Курс на воскрешение поэтических традиций далекого прошлого, принципиальная архаичность литературной программы Катенина в конце концов предрешили его непопулярность среди современников и даже третировались как «классический, старинный предрассудок». Плодовитый и напористый писатель, чьи сочинения еще недавно вызывали шумные толки, вечно втянутый в литературные распри, Катенин к середине 30-х годов оказался в положении полузабытого стихотворца, вытесненного с авансцены литературной жизни модными журнальными поэтами. Нет сомнения, что сюжет басни подразумевает эти обстоятельства и отчасти основывается на них. Известно далее, что Катенин с его тягой к свежему простонародному слову, с его несколько затрудненной фактурой стиха, не раз обвинялся в грубости и шероховатости поэтического языка. «Жестким и грубым казалось им пенье Евдора»,— писал Катенин еще в 1828 году в «Элегии», отвечая на подобные нападки. В реплике «охотника до птиц» — «нескладно, грубо, дико» — слышится явный отзвук этих эпизодов литературной биографии поэта.

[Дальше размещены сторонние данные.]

-- ===== src/Notifications/SendingExamples.antt =====
-- Runs of claims and of answers of the provider.
use job_ping.Base.{
  ◌+◌, ◌<◌, ◌≡◌, refl, true, none, some, arith, codes, Option, nat_eq, take, order_by, ◌≢◌,
}
use job_ping.Notifications.Models.{
  Subscriber, Mailbox, EmailDelivery, DeliveryStatus, DeliveryKind-discrete,
  DeliveryStatus-discrete, SenderStatus-discrete, Provider, own,
}
use job_ping.Notifications.Claims.{Services, Claimed, charged, put_delivery, account_of}
use job_ping.Notifications.ClaimLoop.{claim_delivery}
use job_ping.Notifications.Grants.{IsGranted, claim_grants}
use job_ping.Notifications.Outcome.{Response, result_of, Body, settled}
use job_ping.Notifications.OutcomeLaws.{Settled, settled_outcome}
use job_ping.Notifications.Budget.{days}
use job_ping.Notifications.Quotas.{claim_within_quota, IsInQuota}
use job_ping.Notifications.QuotaErrors.{quota_days, quota_error_stops}
use job_ping.Notifications.Sending.{settle_found}
use job_ping.Notifications.Examples.{reader, first_alert, drained}

abbrev pub services : Services
services = record {
  verify_recipient = λ id email. some true;
  decrypt = λ text. none;
  shared_key = some (codes "k");
  render = λ m d u. some (codes "body");
}

abbrev claim_of_alert : Claimed
claim_of_alert = record { delivery_id = 100; key = codes "k"; body = codes "body" }

abbrev claimed_box : Mailbox
claimed_box = put_delivery (charged 920060 reader (codes "body") first_alert) drained

grants : claim_delivery services 920060 drained ≡ some (claimed_box, some claim_of_alert)
unfolding claim_delivery take order_by DeliveryKind-discrete DeliveryStatus-discrete
    SenderStatus-discrete
grants = refl

claim_grants_example :
    (d : EmailDelivery) × (u : Subscriber) × IsGranted services 920060 drained claimed_box
      claim_of_alert d u
claim_grants_example =
    claim_grants services 920060 drained claimed_box claim_of_alert (refl, tt) grants

claim_within_quota_example : IsInQuota 920060 first_alert reader claimed_box
unfolding put_delivery
claim_within_quota_example =
    claim_within_quota services 920060 drained claimed_box claim_of_alert first_alert reader
      (refl, tt) grants refl refl refl

abbrev over_quota : Option Response
over_quota = some (record {
  status_code = 429;
  body = Body.object none (some (codes "daily_quota_exceeded"));
  retry_after = none;
  daily_used = some 90;
  monthly_used = none;
})

abbrev sent_alert : EmailDelivery
sent_alert = charged 920060 reader (codes "body") first_alert

is_sending : sent_alert.status ≡ DeliveryStatus.sending
unfolding charged
is_sending = refl

settled_outcome_example :
    Settled 920061 over_quota (settled 920061 over_quota (result_of over_quota) sent_alert)
settled_outcome_example = settled_outcome 920061 over_quota sent_alert is_sending

a_day : 920070 < 920061 + days (quota_days (result_of over_quota))
unfolding result_of
a_day = omega arith

-- A neighbour's own account has used up its day; the reader's is another.
abbrev neighbour : Subscriber
neighbour = record reader { id = 7; provider = Provider.byok }

abbrev after_answer : Mailbox
after_answer = record drained {
  accounts = (settle_found 920061 over_quota sent_alert neighbour (own 7) drained).accounts;
}

abbrev granted_after : Mailbox
granted_after = put_delivery (charged 920070 reader (codes "body") first_alert) after_answer

grants_after :
    claim_delivery services 920070 after_answer ≡ some (granted_after, some claim_of_alert)
unfolding claim_delivery take order_by DeliveryKind-discrete DeliveryStatus-discrete
    SenderStatus-discrete settle_found
grants_after = refl

quota_error_stops_example : account_of reader ≢ own 7
unfolding put_delivery
quota_error_stops_example =
    quota_error_stops services 920061 920070 over_quota sent_alert neighbour (own 7) drained
      after_answer granted_after claim_of_alert first_alert reader (omega arith) a_day refl
      (refl, tt) grants_after refl refl refl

В 30-40-е годы минувшего века утверждение бездушной системы человеческих отношений и ее разлагающее влияние на духовную жизнь и культуру русского общества тревожили не одного Катенина. Напомню хотя бы стихотворение Е. А. Баратынского «Последний поэт» (1835) — пророческую элегию о гибели поэзии в век «промышленных забот» и всепоглощающих меркантильных интересов. О постыдном унижении поэзии, превращавшейся в «игрушку праздную», в предмет купли-продажи, горячо высказался Лермонтов в стихотворении «Поэт» (1838). Было бы наивно полагать, что авторы их не замечали или не ценили завоеваний своих замечательных современников — Пушкина прежде всего. Тема их выступлений другая — неблагоприятные общественные условия для поэтического творчества, навязанные неумолимой поступью истории. Об этом же говорило и произведение Катенина, но проблематика его сосредоточена преимущественно в сфере литературного быта. Басня показывает, как характерная для того времени организация литературного дела и способ общения поэтов с современниками превратились в регулирующий фактор поэтического творчества вообще.

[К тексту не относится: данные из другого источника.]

-- ===== src/Notifications/WebhookLaws.antt =====
-- That app/notifications/api.py webhook may be asked again: the provider repeats an event until it is answered.
use job_ping.Base.{
  ℕ, ◌≡◌, refl, ◌⊎◌, inl, inr, Bool, true, false, Option, none, some, List, [], ◌∷◌, arith, find,
  any, Text, codes, elem, ◌==◌, nat_eq, list_eq, option_eq, Bool-cases, Result, ok, err,
  list_beq_iff,
}
use job_ping.Notifications.Models.{Account, EmailDelivery, Mailbox, Subscriber, DeliveryStatus}
use job_ping.Notifications.Claims.{put_delivery, set_user, change_user}
use job_ping.Notifications.Webhook.{
  WebhookEvent, WebhookRequest, Callbacks, WebhookStatus, handled, duplicate, unrelated,
  RequestError, cancel_pending, secret_of_user, connection_of, signed_event, is_mail, was_sent_to,
  suppress, bounce, mark_bounced, is_final, deliver, apply_event, record_event, or_undone,
  handle_mail, handle_event, receive, receive_for, webhook, is_sending_for,
}
use mathlib.Core.Path.{subst}

-- The answer to an event that was answered before.
unfoldable pub again : WebhookStatus → WebhookStatus
again handled = duplicate
again duplicate = duplicate
again unrelated = unrelated

-- What a handled event leaves: the recorded events, and the secrets of all connections.
pub record Settles (env : Callbacks) (m n : Mailbox) : Type 0 where
  pub recorded : n.webhook_events ≡ m.webhook_events
  pub connected : (c : Text) → connection_of env c n.subscribers ≡ connection_of env c m.subscribers

suppressed-secret :
    (env : Callbacks) (user : ℕ) (c : Text) (us : List Subscriber)
    → secret_of_user env
        (find (λ u. u.webhook_id == c) (change_user user (λ u. record u { suppressed = true }) us))
      ≡ secret_of_user env (find (λ u. u.webhook_id == c) us)
unfolding change_user secret_of_user
suppressed-secret env user c [] = refl
suppressed-secret env user c (u ∷ us) = ground (arith, suppressed-secret env user c us)

suppress-Settles :
    (env : Callbacks) (user : ℕ) (b : Bool) (m : Mailbox) → Settles env m (suppress user b m)
unfolding suppress set_user cancel_pending connection_of
suppress-Settles env user false m = record { recorded = refl; connected = λ c. refl }
suppress-Settles env user true m = record {
  recorded = refl;
  connected = λ c. rw (suppressed-secret env user c m.subscribers) refl;
}

put-Settles :
    (env : Callbacks) (d : EmailDelivery) (m p : Mailbox)
    → Settles env m p
    → Settles env m (put_delivery d p)
unfolding put_delivery
put-Settles env d m p k = record { recorded = k.recorded; connected = k.connected }

bounce-Settles :
    (env : Callbacks) (s : DeliveryStatus) (d : EmailDelivery) (o : Option Bool) (m n : Mailbox)
    (t : WebhookStatus)
    → mark_bounced env s d o m ≡ (ok t, n)
    → (t ≡ handled) × Settles env m n
unfolding mark_bounced
bounce-Settles env s d none m n t h = absurd (ground arith)
bounce-Settles env s d (some b) m n t h =
    let e : put_delivery (record d { status = s }) (suppress d.subscriber_id b m) ≡ n =
      ground arith in
    (
      ground arith,
      subst (Settles env m) e (
          put-Settles env (record d { status = s }) m (suppress d.subscriber_id b m)
            (suppress-Settles env d.subscriber_id b m)),
    )

deliver-Settles : (env : Callbacks) (d : EmailDelivery) (m : Mailbox) → Settles env m (deliver d m)
unfolding deliver
deliver-Settles env d m = elim (Bool-cases (is_final d.status)) [
  | inl e ↦ rw e (record { recorded = refl; connected = λ c. refl })
  | inr e ↦ rw e (
      put-Settles env (record d { status = DeliveryStatus.delivered }) m m
        (record { recorded = refl; connected = λ c. refl }))
]

settled-at :
    (env : Callbacks) (m p n : Mailbox) (s t : WebhookStatus)
    → Settles env m p
    → Path (Result RequestError WebhookStatus × Mailbox) (ok s, p) (ok t, n)
    → (t ≡ s) × Settles env m n
settled-at env m p n s t k h = (ground arith, subst (Settles env m) (ground arith) k)

apply-Settles :
    (env : Callbacks) (type : Option Text) (d : EmailDelivery) (m n : Mailbox) (t : WebhookStatus)
    → apply_event env type d m ≡ (ok t, n)
    → (t ≡ handled) × Settles env m n
unfolding apply_event bounce
apply-Settles env type d m n t =
    let o = was_sent_to env d.payload (find (λ u. u.id == d.subscriber_id) m.subscribers) in
    elim (Bool-cases (type == some (codes "email.bounced"))) [
      | inl e ↦ λ h. bounce-Settles env DeliveryStatus.bounced d o m n t (rw e at h)
      | inr e ↦ elim (Bool-cases (type == some (codes "email.complained"))) [
        | inl k ↦ λ h. bounce-Settles env DeliveryStatus.complained d o m n t (rw (e, k) at h)
        | inr k ↦ elim (Bool-cases (type == some (codes "email.delivered"))) [
          | inl l ↦ λ h.
              settled-at env m (deliver d m) n handled t (deliver-Settles env d m)
                (rw (e, k, l) at h)
          | inr l ↦ λ h.
              settled-at env m m n handled t (record { recorded = refl; connected = λ c. refl })
                (rw (e, k, l) at h)
        ]
      ]
    ]

-- An event that is answered: nothing is written, or it is recorded and the connections stay.
Answered : Callbacks → Text → WebhookStatus → Mailbox → Mailbox → Type 0
Answered env id t m n =
    ((again t ≡ t) × (n ≡ m))
    ⊎ ((t ≡ handled)
        × (elem id n.webhook_events ≡ true)
        × ((c : Text) → connection_of env c n.subscribers ≡ connection_of env c m.subscribers))

undone-inv :
    (m n : Mailbox) (t : WebhookStatus) (r : Result RequestError WebhookStatus × Mailbox)
    → or_undone m r ≡ (ok t, n)
    → r ≡ (ok t, n)
unfolding or_undone
undone-inv m n t (ok s, p) h = h
undone-inv m n t (err e, p) h = absurd (ground arith)

refused :
    {m n : Mailbox} {e : RequestError} {t : WebhookStatus}
    → ¬ Path (Result RequestError WebhookStatus × Mailbox) (err e, m) (ok t, n)
refused h = ground arith

unwritten :
    (m n : Mailbox) (s t : WebhookStatus)
    → again s ≡ s
    → Path (Result RequestError WebhookStatus × Mailbox) (ok s, m) (ok t, n)
    → (again t ≡ t) × (n ≡ m)
unwritten m n s t k h = (subst (λ (x : WebhookStatus). again x ≡ x) (ground arith) k, ground arith)

elem-head : (id : Text) (ids : List Text) → elem id (id ∷ ids) ≡ true
unfolding elem
elem-head id ids = ground (arith, list_beq_iff id id)

mail-Answered :
    (env : Callbacks) (a : Account) (id : Text) (type : Option Text) (o : Option EmailDelivery)
    (m n : Mailbox) (t : WebhookStatus)
    → handle_mail env a id type o m ≡ (ok t, n)
    → Answered env id t m n
unfolding Answered handle_mail record_event again
mail-Answered env a id type none m n t h = elim (Bool-cases (any (is_sending_for a) m.deliveries)) [
  | inl k ↦ absurd (refused (rw k at h))
  | inr k ↦ inl (unwritten m n unrelated t refl (rw k at h))
]
mail-Answered env a id type (some d) m n t h =
    let (k, w) =
      apply-Settles env type d (record_event id m) n t
        (undone-inv m n t (apply_event env type d (record_event id m)) h) in
    inr (k, rw (w.recorded) (elem-head id m.webhook_events), w.connected)

event-Answered :
    (env : Callbacks) (a : Account) (id : Text) (e : WebhookEvent) (m n : Mailbox)
    (t : WebhookStatus)
    → handle_event env a id e m ≡ (ok t, n)
    → Answered env id t m n
unfolding Answered handle_event again
event-Answered env a id e m n t = elim (Bool-cases (elem id m.webhook_events)) [
  | inl k ↦ λ h. inl (unwritten m n duplicate t refl (rw k at h))
  | inr k ↦ λ h.
      mail-Answered env a id e.type (find (is_mail a e.email_id) m.deliveries) m n t (rw k at h)
]

again-handle :
    (env : Callbacks) (a : Account) (id : Text) (e : WebhookEvent) (m n : Mailbox)
    (t : WebhookStatus)
    → handle_event env a id e m ≡ (ok t, n)
    → (handle_event env a id e n ≡ (ok (again t), n))
      × ((c : Text) → connection_of env c n.subscribers ≡ connection_of env c m.subscribers)
unfolding handle_event again Answered
again-handle env a id e m n t h = elim (event-Answered env a id e m n t h) [
  | inl (k, same) ↦ rw (k, same) (rw same at h, λ c. refl)
  | inr (k, seen, c) ↦ (rw (seen, k) refl, c)
]

again-receive :
    (env : Callbacks) (a : Account) (x : Result RequestError (Text × WebhookEvent)) (m n : Mailbox)
    (t : WebhookStatus)
    → receive env a x m ≡ (ok t, n)
    → (receive env a x n ≡ (ok (again t), n))
      × ((c : Text) → connection_of env c n.subscribers ≡ connection_of env c m.subscribers)
unfolding receive
again-receive env a (err e) m n t h = absurd (refused h)
again-receive env a (ok (id, e)) m n t h = again-handle env a id e m n t h

again-receive_for :
    (env : Callbacks) (c : Text) (r : WebhookRequest) (x : Result RequestError (Account × Text))
    (m n : Mailbox) (t : WebhookStatus)
    → receive_for env c r x m ≡ (ok t, n)
    → (receive_for env c r x n ≡ (ok (again t), n))
      × ((c : Text) → connection_of env c n.subscribers ≡ connection_of env c m.subscribers)
unfolding receive_for
again-receive_for env c r (err e) m n t h = absurd (refused h)
again-receive_for env c r (ok (a, secret)) m n t h =
    again-receive env a (signed_event env c secret r) m n t h

-- A request that the webhook answers, sent again, is answered and changes nothing: as a duplicate where it was
-- handled, and as before where it was a duplicate or unrelated.
pub webhook-again :
    (env : Callbacks) (connection : Text) (r : WebhookRequest) (m n : Mailbox) (t : WebhookStatus)
    → webhook env connection r m ≡ (ok t, n)
    → webhook env connection r n ≡ (ok (again t), n)
unfolding webhook
webhook-again env connection r m n t h =
    let (k, c) =
      again-receive_for env connection r (connection_of env connection m.subscribers) m n t h in
    rw (c connection) k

Враждебность капиталистического уклада некоторым отраслям искусства и прежде всего поэзии — обоснованный вывод материалистической эстетики, но он вовсе не исключает того, что в условиях этой общественной формации поэзия не способна выбираться из кризисных положений, накапливать живые силы для решения новых художественных задач, подсказанных самой действительностью. В упомянутых стихотворениях Лермонтова и Баратынского немало скептического пафоса, обусловившего известную односторонность их позиции. Рядом с этими шедеврами басня Катенина выглядит более чем скромно. Тем драгоценнее одна ее особенность — мысль автора движется в таком широком и емком русле, которое исключало возможность одного категорического вывода. Согласно басне, погибший соловей — это еще не последний истинный певец! И «охотник до птиц» пока не успел погубить всех лесных птиц. Кроме того, ему противостоит настоящий ценитель искусства — положительный герой басни,— который имеет доступ к другим соловьям и которых он клянется отныне охранять. Все это внесло в басню элемент оптимизма, удачно подкрепленного лукаво-простодушным тоном целого произведения.

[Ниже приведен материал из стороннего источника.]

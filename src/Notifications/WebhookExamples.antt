-- ===== src/Notifications/WebhookExamples.antt =====
-- Runs of the webhook, of a provider that signs nothing and names the mail `p1` in each event.
use job_ping.Base.{
  ◌≡◌, refl, inl, true, none, some, [], ◌∷◌, Text, codes, any, take, order_by, ok, elem, nat_eq,
}
use job_ping.Notifications.Models.{
  Subscriber, Mailbox, EmailDelivery, DeliveryStatus, shared_account, DeliveryKind-discrete,
  DeliveryStatus-discrete, SenderStatus-discrete,
}
use job_ping.Notifications.Claims.{Claimed, put_delivery, charged}
use job_ping.Notifications.ClaimLoop.{claim_delivery}
use job_ping.Notifications.Webhook.{
  Callbacks, WebhookRequest, webhook, handled, duplicate, connection_of, signed_event, is_mail,
}
use job_ping.Notifications.WebhookLaws.{again, webhook-again}
use job_ping.Notifications.Silence.{IsSilenced}
use job_ping.Notifications.Spared.{is_other}
use job_ping.Notifications.Bounces.{
  IsBounce, receive_reports, bounce_silences, no_claim_after_bounce,
}
use job_ping.Notifications.Examples.{reader, first_alert, drained}
use job_ping.Notifications.SendingExamples.{services}

abbrev callbacks : Callbacks
callbacks = record {
  shared_secret = some (codes "s");
  decrypt = λ c. none;
  verify = λ secret raw headers. some (record { type = some raw; email_id = some (codes "p1") });
  sent_to = λ p. some (codes "a@b.c" ∷ []);
}

abbrev neighbour : Subscriber
neighbour = record reader { id = 2; email = codes "d@e.f" }

abbrev accepted_alert : EmailDelivery
accepted_alert = record first_alert {
  status = DeliveryStatus.accepted;
  payload = some (codes "body");
  account = some shared_account;
  provider_id = some (codes "p1");
}

abbrev other_alert : EmailDelivery
other_alert = record first_alert { id = 101; subscriber_id = 2 }

abbrev outbox : Mailbox
outbox = record drained {
  subscribers = reader ∷ neighbour ∷ [];
  deliveries = accepted_alert ∷ other_alert ∷ [];
}

abbrev report : Text → Text → WebhookRequest
report id type = record { chunks = type ∷ []; headers = (codes "svix-id", id) ∷ [] }

abbrev bounce_report : WebhookRequest
bounce_report = report (codes "1") (codes "email.bounced")

abbrev bounced_box : Mailbox
bounced_box = record outbox {
  subscribers = record reader { suppressed = true } ∷ neighbour ∷ [];
  deliveries = record accepted_alert { status = DeliveryStatus.bounced } ∷ other_alert ∷ [];
  webhook_events = codes "shared:1" ∷ [];
}

is_handled : webhook callbacks (codes "shared") bounce_report outbox ≡ (ok handled, bounced_box)
unfolding webhook DeliveryStatus-discrete elem
is_handled = refl

webhook-again_example :
    webhook callbacks (codes "shared") bounce_report bounced_box ≡ (ok duplicate, bounced_box)
unfolding again
webhook-again_example =
    webhook-again callbacks (codes "shared") bounce_report outbox bounced_box handled is_handled

bounce_report-IsBounce :
    IsBounce callbacks (codes "shared") bounce_report outbox accepted_alert reader
unfolding connection_of signed_event elem is_mail
bounce_report-IsBounce = record {
  account = shared_account;
  secret = codes "s";
  event_id = codes "shared:1";
  event = record { type = some (codes "email.bounced"); email_id = some (codes "p1") };
  payload = codes "body";
  is_connected = refl;
  is_signed = refl;
  is_new = refl;
  is_kind = inl refl;
  is_found = refl;
  is_of = refl;
  has_payload = refl;
  is_address = refl;
}

-- The report of the delivery comes after that of the bounce.
bounce_silences_example : IsSilenced 1 100 (
    receive_reports callbacks
      ((codes "shared", report (codes "2") (codes "email.delivered")) ∷ [])
      (webhook callbacks (codes "shared") bounce_report outbox).1)
bounce_silences_example =
    bounce_silences callbacks (codes "shared") bounce_report outbox accepted_alert reader
      ((codes "shared", report (codes "2") (codes "email.delivered")) ∷ []) bounce_report-IsBounce

abbrev neighbours_claim : Claimed
neighbours_claim = record { delivery_id = 101; key = codes "k"; body = codes "body" }

grants_other :
    claim_delivery services 920060
      (receive_reports callbacks [] (webhook callbacks (codes "shared") bounce_report outbox).1)
    ≡ some (
      put_delivery (charged 920060 neighbour (codes "body") other_alert) bounced_box,
      some neighbours_claim,
    )
unfolding claim_delivery take order_by receive_reports DeliveryKind-discrete DeliveryStatus-discrete
    SenderStatus-discrete elem
grants_other = refl

no_claim_after_bounce_example :
    any
      (is_other 101 1)
      (receive_reports callbacks []
        (webhook callbacks (codes "shared") bounce_report outbox).1).deliveries
    ≡ true
no_claim_after_bounce_example =
    no_claim_after_bounce callbacks (codes "shared") bounce_report outbox accepted_alert reader []
      services 920060
      (put_delivery (charged 920060 neighbour (codes "body") other_alert) bounced_box)
      neighbours_claim bounce_report-IsBounce grants_other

Если «Охотник до птиц» действительно последнее слово поэта, прозвучавшее с журнальной трибуны, то следует признать, что оно очень удачно завершает литературный путь Катенина, который как бы прощается с читателем в своей басне («нескоро дам тебе другого соловья»).
Итак, разобранное произведение бесспорно достойно занять место в самом избранном корпусе стихотворений писателя.
[…]
Л-ра: Филологические науки. – 1974. – № 3. – С. 79-87.